* **Assignment**
Your answer should be an exact copy of every record.

* **Recorded data**
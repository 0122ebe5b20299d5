-- ===== src/Sched/Init.antt =====
-- sched_init of kernel/sched.c.
pub mod Cleared
use my_linux_kernel.Common.{ℕ, zero, suc, ◌+◌, ◌/◌, List, [], ◌∷◌, set, u8, bit_and}
use my_linux_kernel.Sched.{nr_tasks}
use my_linux_kernel.Segments.{
  Desc, no_desc, put_desc, set_tss_desc, set_ldt_desc, set_intr_gate, set_system_gate,
  first_tss_entry, first_ldt_entry, tss_selector, ldt_selector,
}

-- The task array, the tables, the two registers of the running task, and the port writes, the newest
-- first.
pub record Boot : Type 0 where
  pub task : List ℕ
  pub gdt : ℕ → Desc
  pub idt : ℕ → Desc
  pub tr : ℕ
  pub ldtr : ℕ
  pub ports : List (ℕ × ℕ)

-- LATCH
abbrev pub latch : ℕ
latch = 1193180 / 100

-- One round of the loop: `p` is moved twice in the body and by 2 at its end.
abbrev pub clear_slot : ℕ → ℕ → Boot → Boot
clear_slot i p b = record b {
  task = set b.task i 0;
  gdt = put_desc (p + 1) no_desc (put_desc p no_desc b.gdt);
}

-- The loop, for `n` rounds from slot `i` and descriptor `p` on.
unfoldable pub clear_slots : ℕ → ℕ → ℕ → Boot → Boot
clear_slots zero i p b = b
clear_slots (suc n) i p b = clear_slots n (i + 1) (p + 4) (clear_slot i p b)

-- The tss of the first task stands 44 bytes behind the start of its structure, the ldt 20 bytes.
-- `mask` is what port 0x21 reads; `timer_interrupt` and `system_call` are addresses of the assembler's.
unfoldable pub sched_init : ℕ → ℕ → ℕ → ℕ → Boot → Boot
sched_init init_task timer_interrupt system_call mask b =
    let first =
      put_desc first_ldt_entry (set_ldt_desc (init_task + 20))
        (put_desc first_tss_entry (set_tss_desc (init_task + 44)) b.gdt) in
    let c = clear_slots nr_tasks 0 (2 + first_tss_entry) (record b { gdt = first }) in
    record c {
      idt =
          put_desc 0x80 (set_system_gate system_call)
            (put_desc 0x20 (set_intr_gate timer_interrupt) c.idt);
      tr = tss_selector 0;
      ldtr = ldt_selector 0;
      ports =
          (bit_and mask 0xfe, 0x21)
          ∷ (u8 (latch / 256), 0x40)
          ∷ (bit_and latch 0xff, 0x40)
          ∷ (0x36, 0x43)
          ∷ c.ports;
    }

* **Exercise solution**
repository 0122ebe5b20299d5
-- ===== src/Sched/Init.antt =====
-- sched_init of kernel/sched.c.
pub mod Cleared
use my_linux_kernel.Common.{ℕ, zero, suc, ◌+◌, ◌/◌, List, [], ◌∷◌, set, u8, bit_and}
use my_linux_kernel.Sched.{nr_tasks}
use my_linux_kernel.Segments.{
  Desc, no_desc, put_desc, set_tss_desc, set_ldt_desc, set_intr_gate, set_system_gate,
  first_tss_entry, first_ldt_entry, tss_selector, ldt_selector,
}

-- The task array, the tables, the two registers of the running task, and the port writes, the newest
-- first.
pub record Boot : Type 0 where
  pub task : List ℕ
  pub gdt : ℕ → Desc
  pub idt : ℕ → Desc
  pub tr : ℕ
  pub ldtr : ℕ
  pub ports : List (ℕ × ℕ)

-- LATCH
abbrev pub latch : ℕ
latch = 1193180 / 100

-- One round of the loop: `p` is moved twice in the body and by 2 at its end.
abbrev pub clear_slot : ℕ → ℕ → Boot → Boot
clear_slot i p b = record b {
  task = set b.task i 0;
  gdt = put_desc (p + 1) no_desc (put_desc p no_desc b.gdt);
}

-- The loop, for `n` rounds from slot `i` and descriptor `p` on.
unfoldable pub clear_slots : ℕ → ℕ → ℕ → Boot → Boot
clear_slots zero i p b = b
clear_slots (suc n) i p b = clear_slots n (i + 1) (p + 4) (clear_slot i p b)

-- The tss of the first task stands 44 bytes behind the start of its structure, the ldt 20 bytes.
-- `mask` is what port 0x21 reads; `timer_interrupt` and `system_call` are addresses of the assembler's.
unfoldable pub sched_init : ℕ → ℕ → ℕ → ℕ → Boot → Boot
sched_init init_task timer_interrupt system_call mask b =
    let first =
      put_desc first_ldt_entry (set_ldt_desc (init_task + 20))
        (put_desc first_tss_entry (set_tss_desc (init_task + 44)) b.gdt) in
    let c = clear_slots nr_tasks 0 (2 + first_tss_entry) (record b { gdt = first }) in
    record c {
      idt =
          put_desc 0x80 (set_system_gate system_call)
            (put_desc 0x20 (set_intr_gate timer_interrupt) c.idt);
      tr = tss_selector 0;
      ldtr = ldt_selector 0;
      ports =
          (bit_and mask 0xfe, 0x21)
          ∷ (u8 (latch / 256), 0x40)
          ∷ (bit_and latch 0xff, 0x40)
          ∷ (0x36, 0x43)
          ∷ c.ports;
    }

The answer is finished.